Vários estados serão observados de perto. Os legisladores do Kansas falharam duas vezes em anular o veto da governadora Laura Kelly, uma democrata, à proibição de cuidados de transição de género para menores, mas dizem que planeiam tentar novamente. Foram apresentadas propostas para a proibição de atletas trans na Geórgia e no Nebraska, os únicos dois estados com controlo republicano total sobre as assembleias estaduais que ainda não promulgaram tal legislação.
Separadamente, os líderes republicanos em Washington, DC, planeiam abordar algumas das mesmas questões a nível nacional, mas os defensores conservadores dizem que os estados podem ser o caminho mais simples para tais medidas.
“Vimos essas preocupações sobre privacidade, segurança e direitos dos pais realmente ressoarem nas pessoas”, disse Matt Sharp, conselheiro sênior da Alliance Defending Freedom, um grupo jurídico religioso conservador que trabalhou com legisladores de Idaho no que se tornou a primeira proibição de atletas trans do país em 2020. “Esta deveria ser uma questão que todos os estados olham e dizem: ‘O que podemos fazer?’”
Alguns estados estão respondendo a essa pergunta expandindo as restrições existentes. Um projeto de lei do Wyoming propõe adicionar estudantes do ensino fundamental a uma lei de 2023 que proíbe meninas trans do ensino fundamental e médio de participarem de atividades atléticas designadas para meninas. E os legisladores de Indiana estão considerando estender as restrições aos atletas trans mais jovens até a faculdade.
Cerca de 40 das centenas de projetos de lei direcionados à população LGBTQ no ano passado foram aprovados em lei, de acordo com a Campanha de Direitos Humanos, que defende os direitos LGBTQ. Ainda assim, mesmo quando as medidas falham, os debates em curso sobre a legitimidade das identidades trans têm um preço, dizem os defensores LGBTQ.
“Quero viver a minha vida, não lutar pelos meus direitos”, disse Allison Montgomery, engenheira de software e membro da Alabama Transgender Rights Action Coalition, que se opõe a uma proposta no Alabama para proibir apresentações de drags em bibliotecas com a presença de menores.
Durante uma audiência de três horas do comitê judiciário da Câmara de Montana na semana passada sobre o projeto de lei que regulamentaria o uso de banheiros em edifícios governamentais, a deputada Kerri Seekins-Crowe disse que patrocinou o projeto de lei para proteger as mulheres. Pela proposta, quem encontrar pessoa do sexo oposto no banheiro ou vestiário de prédio público poderá entrar com ação por danos.

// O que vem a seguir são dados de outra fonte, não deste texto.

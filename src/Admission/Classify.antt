-- ===== src/Admission/Classify.antt =====
-- The order in which subject events are classified: `classify` and `analyze` of
-- crates/cc-ledger/src/v1.rs.
use clockchain.Prelude.{
  ℕ, zero, suc, ◌+◌, Bool, true, false, not, ◌&&◌, ◌||◌, Option, none, some, List, [], ◌∷◌, length,
  ltb, ◌==◌, if◌then◌else◌, nat_key,
}
use clockchain.Prelude.Table.{lookup, contains_key}
use clockchain.Prelude.Ordered.{map_insert}
use clockchain.Wire.{Hash}
use clockchain.Wire.Event.{kind_of}
use clockchain.Wire.Signed.{Crypto, Signed}
use clockchain.Ledger.{Events, ◌>>=◌, parents_of, any_absent}
use clockchain.Ledger.Authority.{Authority}
use clockchain.Ledger.Derive.{derive}
use clockchain.Edges.{Cause, Statuses, status_invalid, is_valid, is_genesis, is_subject}
use clockchain.Edges.Classify as Media
use clockchain.Admission.{evaluate_subject}

unfoldable pub count_subjects : Events → ℕ
count_subjects [] = 0
count_subjects ((_, e) ∷ all) = (if is_subject e then 1 else 0) + count_subjects all

-- Whether a parent is not a known subject event.
unfoldable pub any_foreign : Events → List Hash → Bool
any_foreign all [] = false
any_foreign all (p ∷ ps) =
    not (elim (lookup p all) [ none ↦ false | some e ↦ is_subject e ]) || any_foreign all ps

-- An event is evaluated once its parents are, or if one of them never will be.
unfoldable pub is_ready : Events → Statuses → Signed → Bool
is_ready all out e =
    is_genesis (kind_of e.envelope.payload)
    || (any_foreign all (parents_of e) || not (any_absent contains_key (parents_of e) out))

-- Events that wait for each other: what is left gets a status.
unfoldable pub close_subjects : Events → Statuses → Statuses
close_subjects [] out = out
close_subjects ((id, e) ∷ events) out = close_subjects events (
    if is_subject e && not (contains_key id out)
    then map_insert id (status_invalid Cause.cycle) out
    else out)

module _ {SecretKey : Type 0} (crypto : Crypto SecretKey) (all : Events) where
  -- One pass over the events.
  unfoldable pub subject_pass : Events → Statuses → Option Statuses
  subject_pass [] out = some out
  subject_pass ((id, e) ∷ events) out =
      elim (contains_key id out || not (is_subject e) || not (is_ready all out e)) [
        | true ↦ subject_pass events out
        | false ↦ elim (evaluate_subject crypto all out id) [
          | none ↦ none
          | some status ↦ subject_pass events (map_insert id status out)
        ]
      ]

  -- The outer loop: a pass that adds nothing is the last.
  unfoldable pub subject_passes : ℕ → Statuses → Option Statuses
  subject_passes zero out = none
  subject_passes (suc fuel) out = elim (ltb (length out) (count_subjects all)) [
    | false ↦ some out
    | true ↦ elim (subject_pass all out) [
      | none ↦ none
      | some out' ↦ elim (length out' == length out) [
        | true ↦ subject_passes fuel (close_subjects all out')
        | false ↦ subject_passes fuel out'
      ]
    ]
  ]

  -- A pass adds a status, or closing does, so that one more pass than subjects is enough.
  unfoldable pub classify_subjects : Option Statuses
  classify_subjects = subject_passes (suc (count_subjects all)) []

  unfoldable pub admission : Option Statuses
  admission = do out ← classify_subjects; Media.classify crypto all out

pub record Analysis : Type 0 where
  pub admission : Statuses
  pub authority : Authority

-- The subject events that are valid, where every event has a status.
unfoldable pub admitted_subjects : Events → Statuses → Option Events
admitted_subjects [] out = some []
admitted_subjects ((id, e) ∷ events) out = do
  status ← lookup id out
  rest ← admitted_subjects events out
  some (if is_valid status.state && is_subject e then (id, e) ∷ rest else rest)

module _ {SecretKey : Type 0} (crypto : Crypto SecretKey) where
  unfoldable pub analyze : Events → Option Analysis
  analyze candidates = do
    statuses ← admission crypto candidates
    valid ← admitted_subjects candidates statuses
    view ← derive crypto valid
    some (record { admission = statuses; authority = view })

Questionada por um membro do comitê se a aplicação da medida exigiria câmeras ou verificações de certidões de nascimento de todos que usam banheiros públicos, a Sra. Seekins-Crowe disse que o objetivo do projeto era “não invadir a privacidade”.
“Isso não tem como alvo uma determinada população”, disse ela.
O projeto foi aprovado na comissão no início desta semana.